Question

imagine that ou are stduying a very large population of moths that is isolate d from gene flow.A single gene controls wing color.Half of the moths have white spotted wings (genotype WW or Ww) and half of the moths have plain brown wings (ww).There are no new mutations indivisuals mate randomly, and there is no natural selection on wing color.Explain , why any calculation, wether this population is under a hardy weinberg equilibrium

Answer 1

About the question:

I failed to find the complete question. However, I will explain why this population is considered to be in Hardy-Weinberg equilibrium, and what the destiny of the alleles is.

Answer:

This population is in equilibrium because it accomplishes all the H-W assumptions for a population in equilibrium. Genetic nor allelic frequencies will change generation after generation. Alleles will remain equal.

Step-by-step explanation:

Available data:

• A single gene controls wing color
• Half of the moths have white-spotted wings
• half of the moths have plain brown wings
• W allele is dominant and expresses white wings
• w allele is recessive and expresses brown wings
• Individuals mate randomly
• No natural selection

We will know by theory if this population is or is not in equilibrium Hardy-Weinberg if the population is in concordance with the assumptions of the theory. So let us first analyze the Hardy-Weinberg assumptions for a population in equilibrium:

• Random matings: Any individual get crossed with any other individual

• No superposed generations: each individual can leave their gametes in the pool only once.

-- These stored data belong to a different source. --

-- ===== src/Ingestion/Peers/Stale.antt =====
-- Which peers pruning can remove.
use qonduit.Common.{
  ℕ, ◌<◌, ◌≡◌, refl, List, [], ◌∷◌, false, ◌||◌, Option, none, some, All, All-append, arith,
  Bool-cases, inl, inr,
}
use qonduit.Bytes.{Bytes}
use qonduit.Core.Identity.{bytes_eq}
use qonduit.Ingestion.Peers.{
  SocketAddr, Peer, addr_eq, new_peer, saturating_inc, stale_since, is_stale, new_manager, known,
  update, add_peers_from_exchange, mark_success, mark_failure, prune_stale, Operation, exchanged,
  broadcast, succeeded, failed, pruned, apply_peers, run_peers,
}

-- A peer that was seen has a success.
abbrev SeenAfterSuccess : Option ℕ → ℕ → Type 0
SeenAfterSuccess none successes = Unit
SeenAfterSuccess (some t) successes = 0 < successes

abbrev IsSeen : Peer → Type 0
IsSeen p = SeenAfterSuccess p.last_seen p.success_count

update-All {ℓ} :
    (P : Peer → Type ℓ) (addr : SocketAddr) (f : Peer → Peer) (ps : List Peer)
    → ((p : Peer) → P p → P (f p))
    → All P ps
    → All P (update addr f ps)
unfolding update
update-All P addr f [] h a = tt
update-All P addr f (p ∷ ps) h (a, all) = elim (Bool-cases (addr_eq p.addr addr)) [
  | inl here ↦ rw here (h p a, all)
  | inr other ↦ rw other (a, update-All P addr f ps h all)
]

prune_stale-All {ℓ} :
    (P : Peer → Type ℓ) (now : ℕ) (ps : List Peer) → All P ps → All P (prune_stale now ps)
unfolding prune_stale
prune_stale-All P now [] a = tt
prune_stale-All P now (p ∷ ps) (a, all) = elim (Bool-cases (is_stale now p)) [
  | inl gone ↦ rw gone (prune_stale-All P now ps all)
  | inr stays ↦ rw stays (a, prune_stale-All P now ps all)
]

add_peers-IsSeen :
    (raws : List Bytes) (ps : List Peer)
    → All IsSeen ps
    → All IsSeen (add_peers_from_exchange raws ps)
unfolding add_peers_from_exchange
add_peers-IsSeen [] ps a = a
add_peers-IsSeen (raw ∷ raws) ps a =
    let addr : SocketAddr = record { ip = raw; port = 21841 } in
    elim (Bool-cases (bytes_eq raw (0 ∷ 0 ∷ 0 ∷ 0 ∷ []) || known addr ps)) [
      | inl skip ↦ rw skip (add_peers-IsSeen raws ps a)
      | inr new ↦
          rw new (add_peers-IsSeen raws _ (All-append IsSeen ps (new_peer addr ∷ []) a (tt, tt)))
    ]

inc-pos : (n : ℕ) → 0 < saturating_inc n
unfolding saturating_inc
inc-pos n = ground arith

failure-IsSeen :
    (now : ℕ) (p : Peer)
    → IsSeen p
    → IsSeen (record p { failure_count = saturating_inc p.failure_count; last_failure = some now })
failure-IsSeen now p h = h

-- Not a report of broadcast data.
abbrev pub IsQuiet : Operation → Type 0
IsQuiet (broadcast now addr) = ⊥
IsQuiet _ = Unit

apply_peers-IsSeen :
    (o : Operation) (ps : List Peer) → IsQuiet o → All IsSeen ps → All IsSeen (apply_peers o ps)
unfolding apply_peers mark_success mark_failure
apply_peers-IsSeen (exchanged raws) ps q a = add_peers-IsSeen raws ps a
apply_peers-IsSeen (broadcast now addr) ps q a = absurd q
apply_peers-IsSeen (succeeded now addr) ps q a = elim (Bool-cases (known addr ps)) [
  | inl here ↦ rw here (update-All IsSeen addr _ ps (λ p h. inc-pos p.success_count) a)
  | inr other ↦ rw other (All-append IsSeen ps _ a (omega arith, tt))
]
apply_peers-IsSeen (failed now addr) ps q a = update-All IsSeen addr _ ps (failure-IsSeen now) a
apply_peers-IsSeen (pruned now) ps q a = prune_stale-All IsSeen now ps a

run_peers-IsSeen :
    (os : List Operation) (ps : List Peer)
    → All IsQuiet os
    → All IsSeen ps
    → All IsSeen (run_peers os ps)
unfolding run_peers
run_peers-IsSeen [] ps q a = a
run_peers-IsSeen (o ∷ os) ps (q, qs) a =
    run_peers-IsSeen os (apply_peers o ps) qs (apply_peers-IsSeen o ps q a)

new_manager-IsSeen : (addrs : List SocketAddr) → All IsSeen (new_manager addrs)
unfolding new_manager
new_manager-IsSeen [] = tt
new_manager-IsSeen (x ∷ xs) = (tt, new_manager-IsSeen xs)

not_stale :
    (now : ℕ) (p : Peer) (seen : Option ℕ)
    → SeenAfterSuccess seen p.success_count
    → stale_since now p seen ≡ false
unfolding stale_since
not_stale now p none h = refl
not_stale now p (some t) h = ground arith

prune_stale_seen : (now : ℕ) (ps : List Peer) → All IsSeen ps → prune_stale now ps ≡ ps
unfolding prune_stale is_stale
prune_stale_seen now [] a = refl
prune_stale_seen now (p ∷ ps) (a, all) =
    rw (not_stale now p p.last_seen a, prune_stale_seen now ps all)

-- As long as no peer is reported to broadcast, pruning removes no peer at all: whatever peers are
-- learned, connect and fail, and however long ago and often they failed, the list stays as it is.
pub prune_stale-quiet :
    (addrs : List SocketAddr) (os : List Operation) (now : ℕ)
    → All IsQuiet os
    → prune_stale now (run_peers os (new_manager addrs)) ≡ run_peers os (new_manager addrs)
prune_stale-quiet addrs os now q =
    prune_stale_seen now _ (run_peers-IsSeen os _ q (new_manager-IsSeen addrs))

• No mutations: No mutations originate any new gametes.

• No migration: No incorporation of gametes from other populations.

• Infinite population size: the probabilities of randomly taking an A gamete from the pool are p, and the probability of taking a B gamete is q.

• No natural selection: Each individual has equal surviving and reproducing probabilities as any other, contributing proportionally to the gamete pool.

So, the exposed population

- is isolated, meaning that there is no gene flow from other populations. No new genes will be introduced.

- has no mutations, so no allele will change to express a new form

- individuals mate randomly

- there is no natural selection acting on this group as an evolutive force that might alter the equilibrium.

Genetic nor allelic frequencies will change generation after generation.

In a Hardy-Weinberg population, where allelic frequencies are p and q (assuming a diallelic gene), genotypic frequencies after one generation of random matings are p², 2pq and q². The allelic frequencies, as well as the genotypic frequencies, remain equal after successive generations. Alleles will remain in the population from many generations.